■ Assignment:
Two lines in the data below mark the range: the one with "ks k ≡ false" and the one with "-- ===== src/Dfa/Build/Measure.antt". Return both, along with every line between them, exactly.

■ Data extract:
......
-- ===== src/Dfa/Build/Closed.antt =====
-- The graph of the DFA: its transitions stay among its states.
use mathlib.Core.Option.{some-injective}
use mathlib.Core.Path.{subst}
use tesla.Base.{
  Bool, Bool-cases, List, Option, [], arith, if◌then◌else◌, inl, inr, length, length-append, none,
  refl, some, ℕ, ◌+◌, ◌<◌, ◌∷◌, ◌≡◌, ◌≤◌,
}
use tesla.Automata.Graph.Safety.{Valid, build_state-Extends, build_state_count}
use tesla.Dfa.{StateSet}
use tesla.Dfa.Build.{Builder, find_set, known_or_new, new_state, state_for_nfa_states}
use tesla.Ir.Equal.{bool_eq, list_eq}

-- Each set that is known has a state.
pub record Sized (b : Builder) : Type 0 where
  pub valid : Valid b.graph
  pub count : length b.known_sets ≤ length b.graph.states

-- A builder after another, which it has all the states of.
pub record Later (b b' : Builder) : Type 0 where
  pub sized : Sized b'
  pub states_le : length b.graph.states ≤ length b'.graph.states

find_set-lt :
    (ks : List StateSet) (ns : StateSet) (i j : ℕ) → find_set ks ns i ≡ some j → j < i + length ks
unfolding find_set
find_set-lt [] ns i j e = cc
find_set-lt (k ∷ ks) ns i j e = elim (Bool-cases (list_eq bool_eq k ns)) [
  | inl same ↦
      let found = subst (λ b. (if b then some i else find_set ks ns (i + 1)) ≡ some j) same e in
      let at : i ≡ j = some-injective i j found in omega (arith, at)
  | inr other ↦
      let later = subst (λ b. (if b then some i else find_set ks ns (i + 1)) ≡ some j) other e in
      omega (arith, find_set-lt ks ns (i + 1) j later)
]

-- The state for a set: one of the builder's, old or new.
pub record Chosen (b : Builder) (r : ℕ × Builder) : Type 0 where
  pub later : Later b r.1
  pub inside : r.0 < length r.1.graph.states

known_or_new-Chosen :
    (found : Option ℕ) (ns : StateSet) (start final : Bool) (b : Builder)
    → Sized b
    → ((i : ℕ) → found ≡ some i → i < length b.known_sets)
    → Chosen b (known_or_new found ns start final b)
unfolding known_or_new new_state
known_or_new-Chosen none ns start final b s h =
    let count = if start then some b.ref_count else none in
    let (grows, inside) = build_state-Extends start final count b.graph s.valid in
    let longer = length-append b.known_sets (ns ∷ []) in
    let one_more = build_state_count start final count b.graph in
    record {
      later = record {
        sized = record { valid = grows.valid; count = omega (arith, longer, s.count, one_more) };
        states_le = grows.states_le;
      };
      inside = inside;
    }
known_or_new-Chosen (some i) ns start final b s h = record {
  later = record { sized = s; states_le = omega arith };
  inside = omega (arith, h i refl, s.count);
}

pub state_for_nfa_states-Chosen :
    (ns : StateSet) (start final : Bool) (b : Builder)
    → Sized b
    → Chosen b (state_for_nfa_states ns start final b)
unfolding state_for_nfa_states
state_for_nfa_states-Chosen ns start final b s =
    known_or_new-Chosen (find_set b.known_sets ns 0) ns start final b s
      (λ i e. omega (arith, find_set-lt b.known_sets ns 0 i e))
......
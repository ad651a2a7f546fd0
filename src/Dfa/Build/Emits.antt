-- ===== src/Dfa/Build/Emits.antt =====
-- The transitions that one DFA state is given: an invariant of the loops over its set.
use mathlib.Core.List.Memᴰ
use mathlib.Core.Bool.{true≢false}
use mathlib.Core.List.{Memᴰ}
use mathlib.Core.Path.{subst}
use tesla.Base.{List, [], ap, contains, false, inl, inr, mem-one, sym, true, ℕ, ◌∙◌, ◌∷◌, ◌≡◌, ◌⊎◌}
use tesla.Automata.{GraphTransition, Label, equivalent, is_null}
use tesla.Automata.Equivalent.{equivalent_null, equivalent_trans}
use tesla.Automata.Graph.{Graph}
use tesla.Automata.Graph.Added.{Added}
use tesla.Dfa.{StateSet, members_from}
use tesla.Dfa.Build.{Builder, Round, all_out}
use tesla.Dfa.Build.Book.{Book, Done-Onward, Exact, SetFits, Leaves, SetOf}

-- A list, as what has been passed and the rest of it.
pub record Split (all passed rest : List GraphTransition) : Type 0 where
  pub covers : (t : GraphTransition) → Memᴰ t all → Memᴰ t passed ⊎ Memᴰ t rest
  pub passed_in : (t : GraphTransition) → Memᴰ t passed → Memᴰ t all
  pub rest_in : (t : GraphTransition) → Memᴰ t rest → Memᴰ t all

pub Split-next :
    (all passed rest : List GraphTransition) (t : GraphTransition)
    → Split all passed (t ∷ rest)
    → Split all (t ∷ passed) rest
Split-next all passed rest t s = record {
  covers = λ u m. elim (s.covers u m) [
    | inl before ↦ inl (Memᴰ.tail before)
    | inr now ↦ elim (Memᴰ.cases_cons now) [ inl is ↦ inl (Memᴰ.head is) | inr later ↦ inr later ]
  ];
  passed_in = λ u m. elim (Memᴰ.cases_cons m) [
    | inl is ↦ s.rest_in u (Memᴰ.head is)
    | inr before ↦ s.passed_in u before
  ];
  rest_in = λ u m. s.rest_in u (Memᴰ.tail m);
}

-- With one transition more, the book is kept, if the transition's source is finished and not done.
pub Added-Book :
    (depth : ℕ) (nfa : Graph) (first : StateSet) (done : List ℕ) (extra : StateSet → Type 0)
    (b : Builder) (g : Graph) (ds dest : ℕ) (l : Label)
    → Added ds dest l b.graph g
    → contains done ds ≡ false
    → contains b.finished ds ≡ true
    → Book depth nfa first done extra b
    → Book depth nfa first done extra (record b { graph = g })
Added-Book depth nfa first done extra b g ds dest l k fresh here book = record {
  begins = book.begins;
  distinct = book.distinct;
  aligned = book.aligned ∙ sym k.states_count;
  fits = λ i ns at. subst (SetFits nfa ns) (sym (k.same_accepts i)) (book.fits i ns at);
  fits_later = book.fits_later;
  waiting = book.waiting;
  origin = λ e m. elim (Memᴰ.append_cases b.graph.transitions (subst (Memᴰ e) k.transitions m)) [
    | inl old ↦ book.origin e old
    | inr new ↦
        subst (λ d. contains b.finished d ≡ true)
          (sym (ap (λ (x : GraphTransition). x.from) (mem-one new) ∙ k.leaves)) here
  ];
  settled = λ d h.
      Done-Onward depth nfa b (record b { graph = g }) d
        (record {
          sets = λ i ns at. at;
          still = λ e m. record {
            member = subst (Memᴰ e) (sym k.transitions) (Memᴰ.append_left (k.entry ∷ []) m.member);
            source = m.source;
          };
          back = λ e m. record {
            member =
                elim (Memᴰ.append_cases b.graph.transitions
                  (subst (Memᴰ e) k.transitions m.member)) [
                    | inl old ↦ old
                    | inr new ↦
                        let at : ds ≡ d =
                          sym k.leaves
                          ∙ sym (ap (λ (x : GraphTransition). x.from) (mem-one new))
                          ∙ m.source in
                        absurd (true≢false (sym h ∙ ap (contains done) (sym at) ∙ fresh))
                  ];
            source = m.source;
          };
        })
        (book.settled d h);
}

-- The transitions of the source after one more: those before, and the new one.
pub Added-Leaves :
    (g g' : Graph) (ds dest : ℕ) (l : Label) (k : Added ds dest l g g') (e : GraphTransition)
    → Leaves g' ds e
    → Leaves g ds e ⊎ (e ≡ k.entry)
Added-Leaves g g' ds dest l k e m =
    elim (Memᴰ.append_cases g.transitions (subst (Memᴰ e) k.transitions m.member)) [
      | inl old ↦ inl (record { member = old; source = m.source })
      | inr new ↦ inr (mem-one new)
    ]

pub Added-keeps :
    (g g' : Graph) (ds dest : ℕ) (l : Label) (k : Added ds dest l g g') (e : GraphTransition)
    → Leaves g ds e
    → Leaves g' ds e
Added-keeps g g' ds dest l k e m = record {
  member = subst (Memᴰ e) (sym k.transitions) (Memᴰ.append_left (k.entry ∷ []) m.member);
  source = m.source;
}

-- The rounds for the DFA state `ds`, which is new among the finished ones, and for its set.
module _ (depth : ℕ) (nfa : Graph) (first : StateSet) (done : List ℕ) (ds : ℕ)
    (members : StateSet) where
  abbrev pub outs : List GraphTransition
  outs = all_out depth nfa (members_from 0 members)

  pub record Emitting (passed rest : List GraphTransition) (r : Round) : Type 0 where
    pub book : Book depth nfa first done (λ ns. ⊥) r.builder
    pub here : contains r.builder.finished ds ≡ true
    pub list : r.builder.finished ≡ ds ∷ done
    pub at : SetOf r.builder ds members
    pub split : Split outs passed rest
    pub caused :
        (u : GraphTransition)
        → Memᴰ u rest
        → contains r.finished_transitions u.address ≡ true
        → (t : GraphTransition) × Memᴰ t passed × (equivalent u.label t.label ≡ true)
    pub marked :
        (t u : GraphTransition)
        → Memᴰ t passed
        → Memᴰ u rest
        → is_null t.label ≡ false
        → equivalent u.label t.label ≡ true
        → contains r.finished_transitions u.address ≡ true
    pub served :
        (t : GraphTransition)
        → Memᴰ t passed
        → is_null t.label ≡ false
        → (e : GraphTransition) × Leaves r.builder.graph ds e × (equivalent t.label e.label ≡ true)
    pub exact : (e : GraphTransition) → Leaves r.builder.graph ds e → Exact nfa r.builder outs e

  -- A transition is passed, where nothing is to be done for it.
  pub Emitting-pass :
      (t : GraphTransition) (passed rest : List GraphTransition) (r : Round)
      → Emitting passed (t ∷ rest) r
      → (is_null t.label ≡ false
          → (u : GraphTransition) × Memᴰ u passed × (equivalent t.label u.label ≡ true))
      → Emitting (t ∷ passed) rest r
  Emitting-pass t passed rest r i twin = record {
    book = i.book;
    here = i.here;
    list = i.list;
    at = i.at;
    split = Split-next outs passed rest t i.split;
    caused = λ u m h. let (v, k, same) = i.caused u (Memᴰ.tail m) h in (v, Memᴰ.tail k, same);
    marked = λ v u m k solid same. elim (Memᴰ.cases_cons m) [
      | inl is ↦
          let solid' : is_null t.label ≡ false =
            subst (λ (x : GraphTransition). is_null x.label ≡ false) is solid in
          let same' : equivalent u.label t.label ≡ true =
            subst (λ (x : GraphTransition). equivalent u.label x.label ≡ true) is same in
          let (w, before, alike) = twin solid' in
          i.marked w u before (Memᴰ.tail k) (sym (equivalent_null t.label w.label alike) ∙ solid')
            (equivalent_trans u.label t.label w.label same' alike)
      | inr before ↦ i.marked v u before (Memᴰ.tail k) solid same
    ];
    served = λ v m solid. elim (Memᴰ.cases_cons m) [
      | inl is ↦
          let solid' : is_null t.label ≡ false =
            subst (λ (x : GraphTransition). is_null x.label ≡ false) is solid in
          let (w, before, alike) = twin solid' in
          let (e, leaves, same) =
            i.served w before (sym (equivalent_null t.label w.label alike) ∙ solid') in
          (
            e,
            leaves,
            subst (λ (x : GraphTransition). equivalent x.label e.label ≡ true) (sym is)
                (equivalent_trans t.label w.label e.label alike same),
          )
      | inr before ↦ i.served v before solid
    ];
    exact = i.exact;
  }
......
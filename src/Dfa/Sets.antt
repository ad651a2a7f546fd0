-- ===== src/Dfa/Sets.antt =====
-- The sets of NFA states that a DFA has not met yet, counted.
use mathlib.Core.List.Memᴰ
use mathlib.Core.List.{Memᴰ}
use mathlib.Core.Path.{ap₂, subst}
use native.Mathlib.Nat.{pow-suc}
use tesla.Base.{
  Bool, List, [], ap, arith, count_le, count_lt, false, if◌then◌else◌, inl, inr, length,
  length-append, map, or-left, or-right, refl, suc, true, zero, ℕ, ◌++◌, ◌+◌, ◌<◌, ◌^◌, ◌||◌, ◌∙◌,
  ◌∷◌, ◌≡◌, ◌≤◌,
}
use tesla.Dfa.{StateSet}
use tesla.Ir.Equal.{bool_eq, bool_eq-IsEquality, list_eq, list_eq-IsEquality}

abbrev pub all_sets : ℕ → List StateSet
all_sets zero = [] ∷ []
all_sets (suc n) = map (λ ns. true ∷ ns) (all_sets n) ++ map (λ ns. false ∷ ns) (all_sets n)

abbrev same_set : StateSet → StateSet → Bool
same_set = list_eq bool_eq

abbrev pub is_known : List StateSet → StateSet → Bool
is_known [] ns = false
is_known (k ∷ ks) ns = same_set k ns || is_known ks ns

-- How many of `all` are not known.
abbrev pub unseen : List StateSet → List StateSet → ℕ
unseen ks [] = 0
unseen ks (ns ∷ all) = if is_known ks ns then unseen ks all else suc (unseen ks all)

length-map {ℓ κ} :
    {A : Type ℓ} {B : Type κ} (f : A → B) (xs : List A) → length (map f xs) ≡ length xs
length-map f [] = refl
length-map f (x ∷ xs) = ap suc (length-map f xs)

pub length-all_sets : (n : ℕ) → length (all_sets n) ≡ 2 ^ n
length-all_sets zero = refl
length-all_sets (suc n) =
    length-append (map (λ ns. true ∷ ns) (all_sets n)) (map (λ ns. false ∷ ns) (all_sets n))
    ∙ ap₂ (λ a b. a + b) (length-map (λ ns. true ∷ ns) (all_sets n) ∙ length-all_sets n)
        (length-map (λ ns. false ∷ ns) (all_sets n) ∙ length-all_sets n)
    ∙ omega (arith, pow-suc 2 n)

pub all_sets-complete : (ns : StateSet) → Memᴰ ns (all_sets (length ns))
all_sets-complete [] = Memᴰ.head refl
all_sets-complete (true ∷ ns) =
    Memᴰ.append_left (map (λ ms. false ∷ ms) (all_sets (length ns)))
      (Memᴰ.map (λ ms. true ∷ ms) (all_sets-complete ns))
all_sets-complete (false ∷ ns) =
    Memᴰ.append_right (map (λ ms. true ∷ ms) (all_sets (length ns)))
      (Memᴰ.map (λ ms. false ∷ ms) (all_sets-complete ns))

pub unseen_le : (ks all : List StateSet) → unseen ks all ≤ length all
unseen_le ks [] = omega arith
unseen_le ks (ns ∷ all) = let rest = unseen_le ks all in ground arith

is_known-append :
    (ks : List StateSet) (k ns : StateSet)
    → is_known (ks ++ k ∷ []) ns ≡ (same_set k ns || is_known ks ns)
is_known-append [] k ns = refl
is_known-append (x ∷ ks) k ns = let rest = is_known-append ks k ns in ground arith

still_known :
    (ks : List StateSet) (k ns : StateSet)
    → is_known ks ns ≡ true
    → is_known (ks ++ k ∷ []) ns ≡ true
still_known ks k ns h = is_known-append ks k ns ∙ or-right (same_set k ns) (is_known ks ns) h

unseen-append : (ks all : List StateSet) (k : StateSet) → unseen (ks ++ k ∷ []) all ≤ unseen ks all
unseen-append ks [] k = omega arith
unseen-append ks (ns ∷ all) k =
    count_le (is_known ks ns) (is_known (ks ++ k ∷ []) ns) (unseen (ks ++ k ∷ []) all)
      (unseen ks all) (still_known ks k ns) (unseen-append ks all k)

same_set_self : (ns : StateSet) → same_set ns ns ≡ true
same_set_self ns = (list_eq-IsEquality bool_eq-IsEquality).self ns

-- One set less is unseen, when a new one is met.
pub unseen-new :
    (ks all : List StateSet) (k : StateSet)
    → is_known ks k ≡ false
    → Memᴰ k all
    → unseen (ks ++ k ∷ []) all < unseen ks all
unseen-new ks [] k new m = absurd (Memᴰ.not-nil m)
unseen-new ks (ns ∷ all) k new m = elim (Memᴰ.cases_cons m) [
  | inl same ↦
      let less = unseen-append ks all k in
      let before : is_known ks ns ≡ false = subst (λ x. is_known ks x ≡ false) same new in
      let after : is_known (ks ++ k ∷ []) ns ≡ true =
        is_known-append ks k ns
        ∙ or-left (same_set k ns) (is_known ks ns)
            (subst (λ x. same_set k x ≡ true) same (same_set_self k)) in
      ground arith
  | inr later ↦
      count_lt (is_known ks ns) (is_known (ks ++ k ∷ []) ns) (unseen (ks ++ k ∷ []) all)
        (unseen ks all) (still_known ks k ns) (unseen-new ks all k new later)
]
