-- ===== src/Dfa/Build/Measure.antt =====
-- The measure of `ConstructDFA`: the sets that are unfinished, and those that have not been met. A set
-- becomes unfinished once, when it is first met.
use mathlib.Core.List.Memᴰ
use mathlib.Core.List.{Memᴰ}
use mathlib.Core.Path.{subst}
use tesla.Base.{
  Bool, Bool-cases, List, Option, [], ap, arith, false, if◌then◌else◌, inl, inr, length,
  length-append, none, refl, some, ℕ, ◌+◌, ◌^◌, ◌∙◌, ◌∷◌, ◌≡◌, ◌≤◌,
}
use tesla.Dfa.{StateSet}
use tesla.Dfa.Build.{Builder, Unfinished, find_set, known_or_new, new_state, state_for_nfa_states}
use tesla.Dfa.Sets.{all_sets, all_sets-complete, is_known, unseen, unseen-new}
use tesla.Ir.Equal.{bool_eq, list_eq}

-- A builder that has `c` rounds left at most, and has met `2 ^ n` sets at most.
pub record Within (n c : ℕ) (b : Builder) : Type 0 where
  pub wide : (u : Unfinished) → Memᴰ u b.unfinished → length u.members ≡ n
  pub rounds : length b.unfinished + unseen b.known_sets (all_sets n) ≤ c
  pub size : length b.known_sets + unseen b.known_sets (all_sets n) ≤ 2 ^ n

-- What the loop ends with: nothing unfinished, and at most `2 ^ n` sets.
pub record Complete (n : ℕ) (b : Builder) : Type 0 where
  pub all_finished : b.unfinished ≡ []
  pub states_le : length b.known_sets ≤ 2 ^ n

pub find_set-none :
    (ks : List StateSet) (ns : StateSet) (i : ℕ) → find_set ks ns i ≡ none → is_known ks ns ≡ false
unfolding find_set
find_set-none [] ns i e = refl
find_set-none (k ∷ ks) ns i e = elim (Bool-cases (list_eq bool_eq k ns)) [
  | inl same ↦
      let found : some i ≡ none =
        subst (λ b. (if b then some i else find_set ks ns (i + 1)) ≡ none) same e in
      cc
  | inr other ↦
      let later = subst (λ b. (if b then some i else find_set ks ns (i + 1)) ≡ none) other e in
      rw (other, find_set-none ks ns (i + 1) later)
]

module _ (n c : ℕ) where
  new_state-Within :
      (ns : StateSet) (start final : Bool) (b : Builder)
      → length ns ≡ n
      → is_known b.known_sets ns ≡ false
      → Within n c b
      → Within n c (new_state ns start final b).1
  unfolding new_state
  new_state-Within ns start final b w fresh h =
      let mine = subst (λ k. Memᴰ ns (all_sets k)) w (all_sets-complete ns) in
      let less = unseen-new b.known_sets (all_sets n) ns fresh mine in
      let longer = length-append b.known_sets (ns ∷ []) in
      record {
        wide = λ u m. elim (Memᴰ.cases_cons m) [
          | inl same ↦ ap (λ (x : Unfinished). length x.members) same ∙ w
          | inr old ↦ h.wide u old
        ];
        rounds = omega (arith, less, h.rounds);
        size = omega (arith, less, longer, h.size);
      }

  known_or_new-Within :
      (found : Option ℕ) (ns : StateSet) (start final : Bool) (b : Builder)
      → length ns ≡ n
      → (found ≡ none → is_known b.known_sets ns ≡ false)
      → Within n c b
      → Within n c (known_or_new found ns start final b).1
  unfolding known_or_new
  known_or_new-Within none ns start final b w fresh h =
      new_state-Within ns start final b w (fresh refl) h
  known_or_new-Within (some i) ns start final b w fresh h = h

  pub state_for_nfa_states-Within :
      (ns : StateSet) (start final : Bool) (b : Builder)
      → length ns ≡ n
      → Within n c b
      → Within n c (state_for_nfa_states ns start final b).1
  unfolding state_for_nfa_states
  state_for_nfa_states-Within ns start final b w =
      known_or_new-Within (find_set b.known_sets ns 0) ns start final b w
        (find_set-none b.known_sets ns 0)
......
■ Solution:
    → is_known ks k ≡ false
    → Memᴰ k all
    → unseen (ks ++ k ∷ []) all < unseen ks all
unseen-new ks [] k new m = absurd (Memᴰ.not-nil m)
unseen-new ks (ns ∷ all) k new m = elim (Memᴰ.cases_cons m) [
  | inl same ↦
      let less = unseen-append ks all k in
      let before : is_known ks ns ≡ false = subst (λ x. is_known ks x ≡ false) same new in
      let after : is_known (ks ++ k ∷ []) ns ≡ true =
        is_known-append ks k ns
        ∙ or-left (same_set k ns) (is_known ks ns)
            (subst (λ x. same_set k x ≡ true) same (same_set_self k)) in
      ground arith
  | inr later ↦
      count_lt (is_known ks ns) (is_known (ks ++ k ∷ []) ns) (unseen (ks ++ k ∷ []) all)
        (unseen ks all) (still_known ks k ns) (unseen-new ks all k new later)
]
-- ===== src/Dfa/Build/Measure.antt =====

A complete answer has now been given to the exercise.